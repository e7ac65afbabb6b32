-- ===== src/Session/Decode.antt =====
-- app/src/webrtc/media.cpp, app/src/stream/DecodeQueuePolicy.hpp: the queue of access units between
-- the network thread and the decoder thread. The mutex makes taking a unit and enqueueing one atomic;
-- `in_flight` is the unit that the decoder thread holds between taking and recycling it, so calls of
-- the network thread may come in between. What FFmpeg answers is an argument. Log lines and the
-- counters that only they read are left out; counters do not wrap.
pub mod Bound
pub mod Order
pub mod Gate
mod Tests
use Prim.Native.Nat.{max, min}
use booster_nx.Common.{
  ℕ, zero, suc, ◌+◌, ◌*◌, ◌/◌, Bool, true, false, ◌&&◌, ◌||◌, not, Option, none, some, List, [],
  ◌∷◌, ◌++◌, length, leb, ltb, ◌==◌, if◌then◌else◌,
}
use booster_nx.Session.H264.{contains_idr}

-- `MaximumQueuedAccessUnits`. Rates below one count as one.
pub max_queued_units : ℕ → ℕ
max_queued_units fps = min 4 (max 2 ((max 1 fps + 14) / 15))

-- `kPoolLimit` and `kMaximumReusableCapacity`.
abbrev pub pool_limit : ℕ
pool_limit = 8

abbrev pub max_reusable_capacity : ℕ
max_reusable_capacity = 2 * 1024 * 1024

-- `capacity` is that of the vector `bytes`.
pub record DecodeUnit : Type 0 where
  pub bytes : List ℕ
  pub capacity : ℕ
  pub idr : Bool
  pub rtp_timestamp : ℕ
  pub enqueued_at : ℕ

-- `pool` holds the capacities of empty vectors. `hardware` is `none` without a decoder, and else
-- what `uses_hardware_frames` answers. `resets` counts the calls of `reset_stream`.
pub record Decoder : Type 0 where
  pub running : Bool
  pub fps : ℕ
  pub hardware : Option Bool
  pub queue : List DecodeUnit
  pub in_flight : Option DecodeUnit
  pub pool : List ℕ
  pub resync_required : Bool
  pub reset_requested : Bool
  pub keyframe_needed : Bool
  pub drops : ℕ
  pub reuses : ℕ
  pub allocations : ℕ
  pub high_water : ℕ
  pub frames_decoded : ℕ
  pub decode_errors : ℕ
  pub last_decoded_us : ℕ
  pub resets : ℕ

-- `recycle_decode_buffer_locked`, on the pool.
pub recycle : List ℕ → ℕ → List ℕ
recycle pool capacity =
    if leb pool_limit (length pool) || ltb max_reusable_capacity capacity
    then pool
    else pool ++ (capacity ∷ [])

-- `clear_decoder_queue_locked`, on the pool.
pub recycle_all : List ℕ → List DecodeUnit → List ℕ
recycle_all pool [] = pool
recycle_all pool (u ∷ us) = recycle_all (recycle pool u.capacity) us

abbrev pub clear_queue : Decoder → Decoder
clear_queue d = record d { queue = []; pool = recycle_all d.pool d.queue }

-- `!decoder_ || !decoder_->uses_hardware_frames()`.
abbrev pub software : Option Bool → Bool
software none = true
software (some hw) = not hw

-- The queue is given up: the next unit that is decoded has to be an IDR.
abbrev pub give_up_queue : Decoder → Decoder
give_up_queue d =
    let e = clear_queue (record d { drops = d.drops + length d.queue }) in
    record e { resync_required = true; reset_requested = e.reset_requested || software e.hardware }

abbrev pub drop_unit : Decoder → Decoder
drop_unit d = record d { drops = d.drops + 1 }

-- `buffer.resize(size)` of an empty vector allocates what is missing.
abbrev pub next_capacity : List ℕ → ℕ → ℕ
next_capacity [] size = size
next_capacity (c ∷ cs) size = max c size

abbrev pub is_empty {ℓ} : {A : Type ℓ} → List A → Bool
is_empty [] = true
is_empty (x ∷ xs) = false

abbrev pub pop_front {ℓ} : {A : Type ℓ} → List A → List A
pop_front [] = []
pop_front (x ∷ xs) = xs

-- The front of the pool, or a new vector.
abbrev pub take_buffer : Decoder → Decoder
take_buffer d = record d {
  pool = pop_front d.pool;
  reuses = if is_empty d.pool then d.reuses else d.reuses + 1;
  allocations = if is_empty d.pool then d.allocations + 1 else d.allocations;
}

abbrev pub new_unit : Decoder → List ℕ → ℕ → ℕ → DecodeUnit
new_unit d bytes rtp now = record {
  bytes = bytes;
  capacity = next_capacity d.pool (length bytes);
  idr = contains_idr bytes;
  rtp_timestamp = rtp;
  enqueued_at = now;
}

-- `decoder_queue_.push_back` and the high-water mark.
abbrev pub push_back : Decoder → DecodeUnit → Decoder
push_back d u = record d {
  queue = d.queue ++ (u ∷ []);
  high_water = max d.high_water (length d.queue + 1);
}

abbrev pub push_unit : Decoder → List ℕ → ℕ → ℕ → Decoder
push_unit d bytes rtp now = push_back (take_buffer d) (new_unit d bytes rtp now)

abbrev pub overflow : Decoder → Decoder
overflow d = record (give_up_queue d) { keyframe_needed = true }

-- The part of `enqueue_decode_unit` under the mutex.
pub admit_unit : Decoder → List ℕ → ℕ → ℕ → Decoder
admit_unit d bytes rtp now =
    if d.resync_required && not (contains_idr bytes)
    then drop_unit d
    else (if leb (max_queued_units d.fps) (length d.queue)
        then (if contains_idr bytes
            then push_unit (overflow d) bytes rtp now
            else drop_unit (overflow d))
        else push_unit d bytes rtp now)

-- Whether `enqueue_decode_unit` looks at a unit at all.
abbrev pub takes : Decoder → List ℕ → Bool
takes d bytes = not (is_empty bytes) && d.running

pub enqueue : Decoder → List ℕ → ℕ → ℕ → Decoder
enqueue d bytes rtp now = if takes d bytes then admit_unit d bytes rtp now else d

-- A unit is taken when the thread runs, holds none and finds one; it waits otherwise.
abbrev pub take_from :
    Decoder → Bool → Option DecodeUnit → List DecodeUnit → Decoder × List DecodeUnit
take_from d true none (u ∷ us) = (record d { queue = us; in_flight = some u }, u ∷ [])
take_from d running held queue = (d, [])

-- The first part of a round of `decoder_loop`, up to the end of the lock.
pub take_unit : Decoder → Decoder × List DecodeUnit
take_unit d = take_from d d.running d.in_flight d.queue

-- What `submit_decode_unit` returns: an error, or a number of frames.
pub data Decoded : Type 0 where
  decode_failed : Decoded
  decoded : ℕ → Decoded

abbrev pub request_reset : Decoder → Decoder
request_reset d = record d {
  reset_requested = false;
  resets = elim d.hardware [
    | none ↦ d.resets
    | some hw ↦ if d.reset_requested then d.resets + 1 else d.resets
  ];
}

-- Without a decoder every unit fails.
abbrev pub decoder_result : Option Bool → Decoded → Decoded
decoder_result none r = decode_failed
decoder_result (some hw) r = r

abbrev pub note_result : Decoder → Bool → Decoded → ℕ → Decoder
note_result d idr decode_failed now = record d {
  decode_errors = d.decode_errors + 1;
  resync_required = true;
  reset_requested = d.reset_requested || software d.hardware;
  keyframe_needed = true;
}
note_result d idr (decoded n) now = record d {
  last_decoded_us = if n == 0 then d.last_decoded_us else now;
  frames_decoded = d.frames_decoded + n;
  resync_required = if idr then false else d.resync_required;
  keyframe_needed = if idr then false else d.keyframe_needed;
}

abbrev pub finish_with : Decoder → Option DecodeUnit → Decoded → ℕ → Decoder
finish_with d none r now = d
finish_with d (some u) r now =
    let e = note_result (request_reset d) u.idr (decoder_result d.hardware r) now in
    record e { in_flight = none; pool = recycle e.pool u.capacity }

-- The rest of the round, with what FFmpeg answered.
pub finish_unit : Decoder → Decoded → ℕ → Decoder
finish_unit d r now = finish_with d d.in_flight r now

-- What happens to the queue, in any order: a unit from the network thread, the two parts of a round
-- of the decoder thread, the queue given up after a stall, and `request_stop`.
pub data Event : Type 0 where
  offer : List ℕ → ℕ → ℕ → Event
  take_one stall stop_request : Event
  finish : Decoded → ℕ → Event

abbrev pub step : Decoder → Event → Decoder × List DecodeUnit
step d (offer bytes rtp now) = (enqueue d bytes rtp now, [])
step d take_one = take_unit d
step d stall = (give_up_queue d, [])
step d stop_request = (record d { running = false }, [])
step d (finish r now) = (finish_unit d r now, [])

-- The state after a list of events, and the units that were taken.
pub run : Decoder → List Event → Decoder × List DecodeUnit
run d [] = (d, [])
run d (v ∷ vs) = let (e, us) = step d v in let (f, ws) = run e vs in (f, us ++ ws)
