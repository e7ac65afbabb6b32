-- ===== src/Session/Decode/Bound.antt =====
-- app/src/webrtc/media.cpp: the bounds of the decode queue and of the pool of its buffers.
use booster_nx.Common.{
  ℕ, ◌+◌, ◌≤◌, Bool, true, false, not, ◌&&◌, ◌||◌, Option, none, some, List, [], ◌∷◌, ◌++◌, All,
  length, length-append, leb, ltb, arith, Bool-cases, inl, inr,
}
use booster_nx.Session.H264.{contains_idr}
use booster_nx.Session.Decode.{
  DecodeUnit, Decoder, Event, offer, take_one, stall, stop_request, finish, max_queued_units,
  recycle, recycle_all, give_up_queue, overflow, push_unit, admit_unit, enqueue, take_unit,
  finish_unit, step, run, max_reusable_capacity, takes, decoded, decode_failed, Decoded,
  note_result, request_reset, decoder_result, new_unit, pop_front, take_from, finish_with,
}

abbrev pub IsPool : List ℕ → Type 0
IsPool pool = (length pool ≤ 8) × All (λ c. c ≤ max_reusable_capacity) pool

-- The queue holds no more units than its frame rate allows, and never has; the pool holds at most
-- eight buffers, none above two megabytes.
abbrev pub IsBounded : Decoder → Type 0
IsBounded d =
    (length d.queue ≤ max_queued_units d.fps)
    × (d.high_water ≤ max_queued_units d.fps)
    × IsPool d.pool

All-snoc :
    (xs : List ℕ) (c : ℕ)
    → All (λ c. c ≤ max_reusable_capacity) xs
    → c ≤ max_reusable_capacity
    → All (λ c. c ≤ max_reusable_capacity) (xs ++ (c ∷ []))
All-snoc [] c h hc = (hc, tt)
All-snoc (x ∷ xs) c h hc = (h.0, All-snoc xs c h.1 hc)

recycle-IsPool : (pool : List ℕ) (c : ℕ) → IsPool pool → IsPool (recycle pool c)
unfolding recycle
recycle-IsPool pool c h = elim (Bool-cases (leb 8 (length pool) || ltb max_reusable_capacity c)) [
  | inl e ↦ rw e h
  | inr e ↦
      rw e (
        ground (arith, h.0, length-append pool (c ∷ []), e),
        All-snoc pool c h.1 (ground (arith, e)),
      )
]

recycle_all-IsPool :
    (us : List DecodeUnit) (pool : List ℕ) → IsPool pool → IsPool (recycle_all pool us)
unfolding recycle_all
recycle_all-IsPool [] pool h = h
recycle_all-IsPool (u ∷ us) pool h =
    recycle_all-IsPool us (recycle pool u.capacity) (recycle-IsPool pool u.capacity h)

max_queued_units_pos : (fps : ℕ) → 2 ≤ max_queued_units fps
unfolding max_queued_units
max_queued_units_pos fps = omega arith

pop_front-IsPool : (pool : List ℕ) → IsPool pool → IsPool (pop_front pool)
pop_front-IsPool [] h = h
pop_front-IsPool (c ∷ cs) h = (omega (arith, h.0), h.1.1)

push_unit-IsBounded :
    (d : Decoder) (bytes : List ℕ) (rtp now : ℕ)
    → IsBounded d
    → length d.queue + 1 ≤ max_queued_units d.fps
    → IsBounded (push_unit d bytes rtp now)
push_unit-IsBounded d bytes rtp now h room = (
  omega (arith, length-append d.queue (new_unit d bytes rtp now ∷ [])),
  omega (arith, h.1),
  pop_front-IsPool d.pool h.2,
)

give_up_queue-IsBounded : (d : Decoder) → IsBounded d → IsBounded (give_up_queue d)
give_up_queue-IsBounded d h = (omega arith, h.1, recycle_all-IsPool d.queue d.pool h.2)

admit_unit-IsBounded :
    (d : Decoder) (bytes : List ℕ) (rtp now : ℕ)
    → IsBounded d
    → IsBounded (admit_unit d bytes rtp now)
unfolding admit_unit
admit_unit-IsBounded d bytes rtp now h =
    elim (Bool-cases (d.resync_required && not (contains_idr bytes))) [
      | inl gate ↦ rw gate h
      | inr passed ↦ rw passed (elim (Bool-cases (leb (max_queued_units d.fps) (length d.queue))) [
        | inl full ↦ rw full (elim (Bool-cases (contains_idr bytes)) [
          | inl idr ↦ rw idr (
              push_unit-IsBounded (overflow d) bytes rtp now (give_up_queue-IsBounded d h)
                (omega (arith, max_queued_units_pos d.fps)))
          | inr delta ↦ rw delta (give_up_queue-IsBounded d h)
        ])
        | inr room ↦ rw room (push_unit-IsBounded d bytes rtp now h (ground arith))
      ])
    ]

take_from-IsBounded :
    (d : Decoder) (b : Bool) (held : Option DecodeUnit) (queue : List DecodeUnit)
    → length queue ≤ length d.queue
    → IsBounded d
    → IsBounded (take_from d b held queue).0
take_from-IsBounded d true none (u ∷ us) shorter h = (omega (arith, h.0), h.1, h.2)
take_from-IsBounded d true none [] shorter h = h
take_from-IsBounded d true (some u) queue shorter h = h
take_from-IsBounded d false held queue shorter h = h

note_result-IsBounded :
    (d : Decoder) (idr : Bool) (r : Decoded) (now : ℕ)
    → IsBounded d
    → IsBounded (note_result d idr r now)
note_result-IsBounded d idr decode_failed now h = h
note_result-IsBounded d idr (decoded n) now h = h

finish_with-IsBounded :
    (d : Decoder) (held : Option DecodeUnit) (r : Decoded) (now : ℕ)
    → IsBounded d
    → IsBounded (finish_with d held r now)
finish_with-IsBounded d none r now h = h
finish_with-IsBounded d (some u) r now h =
    let e = note_result-IsBounded (request_reset d) u.idr (decoder_result d.hardware r) now h in
    (e.0, e.1, recycle-IsPool _ u.capacity e.2)

enqueue-IsBounded :
    (d : Decoder) (bytes : List ℕ) (rtp now : ℕ) → IsBounded d → IsBounded (enqueue d bytes rtp now)
unfolding enqueue
enqueue-IsBounded d bytes rtp now h = elim (Bool-cases (takes d bytes)) [
  | inl e ↦ rw e (admit_unit-IsBounded d bytes rtp now h)
  | inr e ↦ rw e h
]

step-IsBounded : (d : Decoder) (v : Event) → IsBounded d → IsBounded (step d v).0
unfolding take_unit finish_unit
step-IsBounded d (offer bytes rtp now) h = enqueue-IsBounded d bytes rtp now h
step-IsBounded d take_one h = take_from-IsBounded d d.running d.in_flight d.queue (omega arith) h
step-IsBounded d stall h = give_up_queue-IsBounded d h
step-IsBounded d stop_request h = h
step-IsBounded d (finish r now) h = finish_with-IsBounded d d.in_flight r now h

-- Whatever the network thread offers, and however that interleaves with the rounds of the decoder
-- thread, their results, stalls and a stop: the queue never holds, nor has ever held, more units than
-- the frame rate allows (two to four), and the pool keeps at most eight buffers, none with a capacity
-- above two megabytes.
pub run-IsBounded : (d : Decoder) (vs : List Event) → IsBounded d → IsBounded (run d vs).0
unfolding run
run-IsBounded d [] h = h
run-IsBounded d (v ∷ vs) h = run-IsBounded (step d v).0 vs (step-IsBounded d v h)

+---+

▶ DIRECTIONS: Wherever the word "unfolding" appears in the entries above, copy that whole line.

▶ ANSWER TO THE EXERCISE:
unfolding recycle
unfolding recycle_all
unfolding max_queued_units
unfolding admit_unit
unfolding enqueue
unfolding take_unit finish_unit
unfolding run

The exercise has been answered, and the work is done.